(Dataset excerpts)
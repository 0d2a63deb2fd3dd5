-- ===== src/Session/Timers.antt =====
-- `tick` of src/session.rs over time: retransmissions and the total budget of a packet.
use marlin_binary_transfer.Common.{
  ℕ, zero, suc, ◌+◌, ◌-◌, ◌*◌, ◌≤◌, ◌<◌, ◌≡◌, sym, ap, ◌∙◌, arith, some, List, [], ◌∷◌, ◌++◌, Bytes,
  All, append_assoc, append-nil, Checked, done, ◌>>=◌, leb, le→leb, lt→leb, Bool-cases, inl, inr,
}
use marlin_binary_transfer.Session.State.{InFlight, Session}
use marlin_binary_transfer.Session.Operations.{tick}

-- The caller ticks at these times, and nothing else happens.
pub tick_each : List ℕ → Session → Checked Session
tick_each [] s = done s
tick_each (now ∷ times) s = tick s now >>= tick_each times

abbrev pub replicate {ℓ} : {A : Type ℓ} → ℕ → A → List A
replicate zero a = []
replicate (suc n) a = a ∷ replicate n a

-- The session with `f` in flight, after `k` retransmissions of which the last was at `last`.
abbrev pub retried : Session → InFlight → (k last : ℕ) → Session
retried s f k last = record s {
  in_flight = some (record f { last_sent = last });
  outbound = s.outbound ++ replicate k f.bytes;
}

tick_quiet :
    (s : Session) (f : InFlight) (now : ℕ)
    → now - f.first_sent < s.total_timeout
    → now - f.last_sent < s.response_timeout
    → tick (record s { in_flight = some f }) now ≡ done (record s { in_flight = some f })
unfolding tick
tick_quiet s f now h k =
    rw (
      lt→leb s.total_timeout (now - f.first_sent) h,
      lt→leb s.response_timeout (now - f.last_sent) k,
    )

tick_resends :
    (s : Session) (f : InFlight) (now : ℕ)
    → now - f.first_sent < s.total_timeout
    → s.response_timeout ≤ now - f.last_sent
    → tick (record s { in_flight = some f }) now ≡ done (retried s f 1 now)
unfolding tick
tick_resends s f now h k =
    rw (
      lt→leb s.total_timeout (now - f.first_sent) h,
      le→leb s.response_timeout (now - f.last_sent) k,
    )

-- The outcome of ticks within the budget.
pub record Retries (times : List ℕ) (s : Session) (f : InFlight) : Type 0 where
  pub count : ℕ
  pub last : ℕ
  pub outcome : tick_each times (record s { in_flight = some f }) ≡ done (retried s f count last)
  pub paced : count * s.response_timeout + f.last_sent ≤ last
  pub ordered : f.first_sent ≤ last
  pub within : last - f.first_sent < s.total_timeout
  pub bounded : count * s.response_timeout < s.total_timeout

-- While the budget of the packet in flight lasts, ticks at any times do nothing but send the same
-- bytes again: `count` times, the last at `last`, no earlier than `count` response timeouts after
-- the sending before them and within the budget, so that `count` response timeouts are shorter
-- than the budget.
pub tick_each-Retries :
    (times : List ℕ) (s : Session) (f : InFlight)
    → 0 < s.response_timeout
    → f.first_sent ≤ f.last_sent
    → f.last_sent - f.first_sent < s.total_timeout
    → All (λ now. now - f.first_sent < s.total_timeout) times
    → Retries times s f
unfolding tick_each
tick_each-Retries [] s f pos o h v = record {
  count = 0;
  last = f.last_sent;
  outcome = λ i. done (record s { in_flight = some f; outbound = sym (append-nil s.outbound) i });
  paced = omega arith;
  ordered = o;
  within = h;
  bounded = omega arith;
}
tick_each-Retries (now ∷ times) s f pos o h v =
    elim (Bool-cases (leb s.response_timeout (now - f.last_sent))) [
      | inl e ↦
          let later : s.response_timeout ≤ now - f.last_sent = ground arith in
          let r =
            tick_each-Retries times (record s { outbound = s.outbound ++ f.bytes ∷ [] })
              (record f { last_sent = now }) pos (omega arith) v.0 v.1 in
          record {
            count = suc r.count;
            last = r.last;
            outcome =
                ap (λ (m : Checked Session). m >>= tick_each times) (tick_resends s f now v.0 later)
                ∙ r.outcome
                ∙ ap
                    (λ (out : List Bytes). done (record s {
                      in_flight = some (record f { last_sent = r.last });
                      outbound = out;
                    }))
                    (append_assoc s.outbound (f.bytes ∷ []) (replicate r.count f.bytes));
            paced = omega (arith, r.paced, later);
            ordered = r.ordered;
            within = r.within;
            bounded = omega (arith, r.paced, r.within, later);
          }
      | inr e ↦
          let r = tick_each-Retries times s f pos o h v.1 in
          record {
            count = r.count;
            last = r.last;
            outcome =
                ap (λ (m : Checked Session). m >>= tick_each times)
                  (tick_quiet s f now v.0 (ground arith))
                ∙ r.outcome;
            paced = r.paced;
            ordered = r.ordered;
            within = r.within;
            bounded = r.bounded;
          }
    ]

#### DIRECTIONS FOR THIS TASK
Set down all of the records shown above once more, exactly.

#### RESPONSE TO THE TASK
repository 0d2a63deb2fd3dd5
-- ===== src/Session/Timers.antt =====
-- `tick` of src/session.rs over time: retransmissions and the total budget of a packet.
use marlin_binary_transfer.Common.{
  ℕ, zero, suc, ◌+◌, ◌-◌, ◌*◌, ◌≤◌, ◌<◌, ◌≡◌, sym, ap, ◌∙◌, arith, some, List, [], ◌∷◌, ◌++◌, Bytes,
  All, append_assoc, append-nil, Checked, done, ◌>>=◌, leb, le→leb, lt→leb, Bool-cases, inl, inr,
}
use marlin_binary_transfer.Session.State.{InFlight, Session}
use marlin_binary_transfer.Session.Operations.{tick}

-- The caller ticks at these times, and nothing else happens.
pub tick_each : List ℕ → Session → Checked Session
tick_each [] s = done s
tick_each (now ∷ times) s = tick s now >>= tick_each times

abbrev pub replicate {ℓ} : {A : Type ℓ} → ℕ → A → List A
replicate zero a = []
replicate (suc n) a = a ∷ replicate n a

-- The session with `f` in flight, after `k` retransmissions of which the last was at `last`.
abbrev pub retried : Session → InFlight → (k last : ℕ) → Session
retried s f k last = record s {
  in_flight = some (record f { last_sent = last });
  outbound = s.outbound ++ replicate k f.bytes;
}

tick_quiet :
    (s : Session) (f : InFlight) (now : ℕ)
    → now - f.first_sent < s.total_timeout
    → now - f.last_sent < s.response_timeout
    → tick (record s { in_flight = some f }) now ≡ done (record s { in_flight = some f })
unfolding tick
tick_quiet s f now h k =
    rw (
      lt→leb s.total_timeout (now - f.first_sent) h,
      lt→leb s.response_timeout (now - f.last_sent) k,
    )

tick_resends :
    (s : Session) (f : InFlight) (now : ℕ)
    → now - f.first_sent < s.total_timeout
    → s.response_timeout ≤ now - f.last_sent
    → tick (record s { in_flight = some f }) now ≡ done (retried s f 1 now)
unfolding tick
tick_resends s f now h k =
    rw (
      lt→leb s.total_timeout (now - f.first_sent) h,
      le→leb s.response_timeout (now - f.last_sent) k,
    )

-- The outcome of ticks within the budget.
pub record Retries (times : List ℕ) (s : Session) (f : InFlight) : Type 0 where
  pub count : ℕ
  pub last : ℕ
  pub outcome : tick_each times (record s { in_flight = some f }) ≡ done (retried s f count last)
  pub paced : count * s.response_timeout + f.last_sent ≤ last
  pub ordered : f.first_sent ≤ last
  pub within : last - f.first_sent < s.total_timeout
  pub bounded : count * s.response_timeout < s.total_timeout

-- While the budget of the packet in flight lasts, ticks at any times do nothing but send the same
-- bytes again: `count` times, the last at `last`, no earlier than `count` response timeouts after
-- the sending before them and within the budget, so that `count` response timeouts are shorter
-- than the budget.
pub tick_each-Retries :
    (times : List ℕ) (s : Session) (f : InFlight)
    → 0 < s.response_timeout
    → f.first_sent ≤ f.last_sent
    → f.last_sent - f.first_sent < s.total_timeout
    → All (λ now. now - f.first_sent < s.total_timeout) times
    → Retries times s f
unfolding tick_each
tick_each-Retries [] s f pos o h v = record {
  count = 0;
  last = f.last_sent;
  outcome = λ i. done (record s { in_flight = some f; outbound = sym (append-nil s.outbound) i });
  paced = omega arith;
  ordered = o;
  within = h;
  bounded = omega arith;
}
tick_each-Retries (now ∷ times) s f pos o h v =
    elim (Bool-cases (leb s.response_timeout (now - f.last_sent))) [
      | inl e ↦
          let later : s.response_timeout ≤ now - f.last_sent = ground arith in
          let r =
            tick_each-Retries times (record s { outbound = s.outbound ++ f.bytes ∷ [] })
              (record f { last_sent = now }) pos (omega arith) v.0 v.1 in
          record {
            count = suc r.count;
            last = r.last;
            outcome =
                ap (λ (m : Checked Session). m >>= tick_each times) (tick_resends s f now v.0 later)
                ∙ r.outcome
                ∙ ap
                    (λ (out : List Bytes). done (record s {
                      in_flight = some (record f { last_sent = r.last });
                      outbound = out;
                    }))
                    (append_assoc s.outbound (f.bytes ∷ []) (replicate r.count f.bytes));
            paced = omega (arith, r.paced, later);
            ordered = r.ordered;
            within = r.within;
            bounded = omega (arith, r.paced, r.within, later);
          }
      | inr e ↦
          let r = tick_each-Retries times s f pos o h v.1 in
          record {
            count = r.count;
            last = r.last;
            outcome =
                ap (λ (m : Checked Session). m >>= tick_each times)
                  (tick_quiet s f now v.0 (ground arith))
                ∙ r.outcome;
            paced = r.paced;
            ordered = r.ordered;
            within = r.within;
            bounded = r.bounded;
          }
    ]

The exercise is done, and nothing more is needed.